Your assignment:
Reproduce exactly, from the data that follows, the line with "sugerir_parametro (flotante n", the line with "sugerir_parametro (ordinal n", and every line that lies between them.

BEGIN Exercise inputs

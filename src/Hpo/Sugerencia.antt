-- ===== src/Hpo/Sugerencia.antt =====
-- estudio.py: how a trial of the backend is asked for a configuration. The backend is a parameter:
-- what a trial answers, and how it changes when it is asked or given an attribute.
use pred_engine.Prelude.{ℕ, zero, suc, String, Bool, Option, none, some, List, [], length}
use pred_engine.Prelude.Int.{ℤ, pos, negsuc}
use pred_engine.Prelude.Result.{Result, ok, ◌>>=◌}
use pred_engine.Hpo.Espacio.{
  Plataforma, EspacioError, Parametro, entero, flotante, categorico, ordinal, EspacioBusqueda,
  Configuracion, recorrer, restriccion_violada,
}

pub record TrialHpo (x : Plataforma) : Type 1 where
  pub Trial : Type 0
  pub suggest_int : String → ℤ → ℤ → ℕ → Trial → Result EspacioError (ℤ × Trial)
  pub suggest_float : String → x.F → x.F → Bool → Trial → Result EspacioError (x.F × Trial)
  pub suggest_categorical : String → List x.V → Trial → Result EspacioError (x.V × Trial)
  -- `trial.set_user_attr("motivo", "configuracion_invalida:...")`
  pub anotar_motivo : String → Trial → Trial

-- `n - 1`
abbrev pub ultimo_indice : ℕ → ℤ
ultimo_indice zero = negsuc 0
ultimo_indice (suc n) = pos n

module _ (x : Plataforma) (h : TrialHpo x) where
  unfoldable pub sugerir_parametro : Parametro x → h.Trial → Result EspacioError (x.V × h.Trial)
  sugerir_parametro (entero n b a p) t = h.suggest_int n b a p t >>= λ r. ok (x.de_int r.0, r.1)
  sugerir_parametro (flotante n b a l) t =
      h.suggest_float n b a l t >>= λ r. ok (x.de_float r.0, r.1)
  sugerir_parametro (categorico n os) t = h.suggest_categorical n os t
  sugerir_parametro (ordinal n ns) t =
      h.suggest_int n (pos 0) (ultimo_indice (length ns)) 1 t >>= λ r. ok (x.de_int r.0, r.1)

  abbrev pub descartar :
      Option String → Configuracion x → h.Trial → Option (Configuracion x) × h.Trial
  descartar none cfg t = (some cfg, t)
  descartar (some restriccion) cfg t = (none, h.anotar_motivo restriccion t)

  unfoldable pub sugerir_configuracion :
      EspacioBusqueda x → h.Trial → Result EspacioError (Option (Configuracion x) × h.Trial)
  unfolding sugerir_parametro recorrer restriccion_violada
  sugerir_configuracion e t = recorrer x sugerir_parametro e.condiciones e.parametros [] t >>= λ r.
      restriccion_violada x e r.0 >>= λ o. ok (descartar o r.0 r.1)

END Exercise inputs

Result of the exercise:
  sugerir_parametro (flotante n b a l) t =
      h.suggest_float n b a l t >>= λ r. ok (x.de_float r.0, r.1)
  sugerir_parametro (categorico n os) t = h.suggest_categorical n os t
  sugerir_parametro (ordinal n ns) t =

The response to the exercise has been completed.